= Alvenia Fulton =

American nutritionist and naturopath

Alvenia Moody Fulton (May 17, 1906 – March 5, 1999) was an American nutritionist and naturopath.

== Early life and career ==
Fulton was born on May 17, 1906, in Pulaski, Tennessee, where her parents owned a 156-acre farm. Her parents, Richard and Mahala Moody, practiced alternative medicine using roots and herbs found in nearby forests. In her early life, she took jobs as a practical nurse, a schoolteacher, and a midwife, but she later enrolled at Tennessee State Normal College and decided to become a minister. Fulton went to Greater Payne Theological Seminary in Birmingham, Alabama, becoming the first woman to attend and graduate from that school. One of the first female members of the A.M.E. Church's Northern Alabama Conference, she pastored three churches. By the beginning of the 1950s, she had moved to Chicago, Illinois.

== Nutrition and naturopathy ==
Fulton spent decades in poor health, and in 1954 she was hospitalized on two occasions: once for bleeding duodenal ulcers and once for uterine fibroid tumors. Deciding that conventional medical treatments were ineffective, she began to attend lectures by Paul Bragg, Gayelord Hauser, and others on the topics of nutrition and naturopathy. She stated that consuming raw cabbage juice (as suggested by Stanford's Garnett Cheney) cured her ulcers and that fasting (as recommended by lecturer Max O. Garten) cured her tumors. Seeking to tell others about the effects of good nutrition, she left the ministry and, in 1955, opened the Pioneer Natural Health Center in her Chicago home. In 1957, she opened a store, which she named the Fultonia Health Food and Fasting Center, on 63rd Street. The store sold restaurant items, such as salads, soups, juices, and vegetarian chili, as well as potions mixed by Fulton and herb and vitamin pills. According to naturopath Eileen Silva, it was a "homespun kitchen that exploded all over the place".
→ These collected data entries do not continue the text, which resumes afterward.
-- ===== src/Timestamp.antt =====
-- src/Timestamp.h and src/Timestamp.cc: a time in the unit of time(), and its text. localtime is the
-- parameter `local`. A time before 1970 is left out.
pub mod Format
use network_library_baseon_c.Base.{ℕ, ◌+◌, List, [], ◌∷◌, ◌++◌}
use network_library_baseon_c.Sys.{Sys}
use network_library_baseon_c.Text.{decimal, padded, cut_to, digit_0}

pub record Timestamp : Type 0 where
  pub micro_seconds_since_epoch : ℕ

-- The members of a struct tm that are read.
pub record Tm : Type 0 where
  pub tm_year : ℕ
  pub tm_mon : ℕ
  pub tm_mday : ℕ
  pub tm_hour : ℕ
  pub tm_min : ℕ
  pub tm_sec : ℕ

abbrev pub no_time : Timestamp
no_time = record { micro_seconds_since_epoch = 0 }

-- Timestamp::now(), from time(NULL).
pub now : (sys : Sys) → sys.Kernel → Timestamp
now sys k = record { micro_seconds_since_epoch = sys.time k }

-- %02d
abbrev pub two : ℕ → List ℕ
two n = padded digit_0 2 (decimal n)

-- "%4d/%02d/%02d  %02d:%02d:%02d"
pub format : Tm → List ℕ
format t =
    padded 32 4 (decimal (t.tm_year + 1900))
    ++ (47
        ∷ (two (t.tm_mon + 1)
            ++ (47
                ∷ (two t.tm_mday
                    ++ (32
                        ∷ 32
                        ∷ (two t.tm_hour ++ (58 ∷ (two t.tm_min ++ (58 ∷ two t.tm_sec)))))))))

pub to_string : (ℕ → Tm) → Timestamp → List ℕ
unfolding format
to_string local t = cut_to 128 (format (local t.micro_seconds_since_epoch))
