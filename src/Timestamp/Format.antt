-- ===== src/Timestamp/Format.antt =====
-- The text of a time.
use network_library_baseon_c.Base.{ℕ, ◌+◌, ◌≤◌, ◌<◌, ◌≡◌, ◌/◌, refl, List, [], ◌∷◌, arith}
use network_library_baseon_c.Text.Digits.{digit, padded_four, padded_two, cut_to_lem}
use network_library_baseon_c.Timestamp.{Timestamp, Tm, format, to_string}

-- What localtime(3) says of its members, up to the year 9999; tm_sec has leap seconds.
pub record IsTm (t : Tm) : Type 0 where
  pub year : t.tm_year + 1900 < 10000
  pub month : t.tm_mon < 12
  pub day : t.tm_mday ≤ 31
  pub hour : t.tm_hour < 24
  pub minute : t.tm_min < 60
  pub second : t.tm_sec ≤ 60

-- The text of a day and a time, by its bytes: "year/month/day  hour:minute:second".
abbrev pub written : ℕ → ℕ → ℕ → ℕ → ℕ → ℕ → List ℕ
written year month day hour minute second =
    digit (year / 1000)
    ∷ digit (year / 100)
    ∷ digit (year / 10)
    ∷ digit year
    ∷ 47
    ∷ digit (month / 10)
    ∷ digit month
    ∷ 47
    ∷ digit (day / 10)
    ∷ digit day
    ∷ 32
    ∷ 32
    ∷ digit (hour / 10)
    ∷ digit hour
    ∷ 58
    ∷ digit (minute / 10)
    ∷ digit minute
    ∷ 58
    ∷ digit (second / 10)
    ∷ digit second
    ∷ []

format_lem :
    (t : Tm)
    → IsTm t
    → format t ≡ written (t.tm_year + 1900) (t.tm_mon + 1) t.tm_mday t.tm_hour t.tm_min t.tm_sec
unfolding format
format_lem t v =
    rw
      (
        padded_four (t.tm_year + 1900) (omega arith) v.year,
        padded_two (t.tm_mon + 1) (omega (arith, v.month)),
        padded_two t.tm_mday (omega (arith, v.day)),
        padded_two t.tm_hour (omega (arith, v.hour)),
        padded_two t.tm_min (omega (arith, v.minute)),
        padded_two t.tm_sec (omega (arith, v.second)),
      )
      refl

-- The text of a time up to the year 9999, for a time that localtime takes apart within the bounds of its
-- members: the year with four digits and, with two each, the month counted from 1, the day, the hour,
-- the minute and the second of that time. It is these 20 bytes, so that snprintf cuts nothing off.
pub to_string_whole :
    (local : ℕ → Tm) (t : Timestamp) (m : Tm)
    → local t.micro_seconds_since_epoch ≡ m
    → IsTm m
    → to_string local t
      ≡ written (m.tm_year + 1900) (m.tm_mon + 1) m.tm_mday m.tm_hour m.tm_min m.tm_sec
unfolding to_string
to_string_whole local t m e v =
    rw (e, format_lem m v)
      (cut_to_lem 128
        (written (m.tm_year + 1900) (m.tm_mon + 1) m.tm_mday m.tm_hour m.tm_min m.tm_sec)
        (omega arith))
Fulton's store served mostly members of the local community and garnered little attention until 1966. In that year, she sent Dick Gregory, who was at the time running a write-in campaign against Richard J. Daley in the Chicago mayoral election, what he described as an "unsolicited container of funny-looking salad". At first, he was afraid that the salad had been laced with arsenic and sent by Daley to poison him, but upon realizing that it was a promotional gimmick by Fulton, he and his wife visited her at her store and had a consultation with her. Gregory became her most noteworthy client; she taught him fasting techniques that he later used as part of various political protests. Other prominent clients of Fulton's were Bill Walton, Ben Vereen, and Roberta Flack. She authored Vegetarianism: Fact or Myth (1974), Fasting Made Simple (1979), and, with Gregory, Dick Gregory's Natural Diet for Folks Who Eat (1973); she also hosted a radio show on WVON, gave lectures on college campuses, and appeared on television.

== Later life and death ==
Fulton continued working into her 90s. In 1992, part of West 63rd Street was named Dr. Alvenia Fulton Drive in her honor. She died March 5, 1999, at the age of 92 in Chicago's Holy Cross Hospital. In a 2019 article, Travis A. Weisse described Fulton as "the pioneering advocate of therapeutic fasting and corrective nutrition in black America", writing that she "performed critical cultural labor by translating ideas from the overwhelmingly white alternative medical community—and subsequently the natural health food movement—for an urban black audience".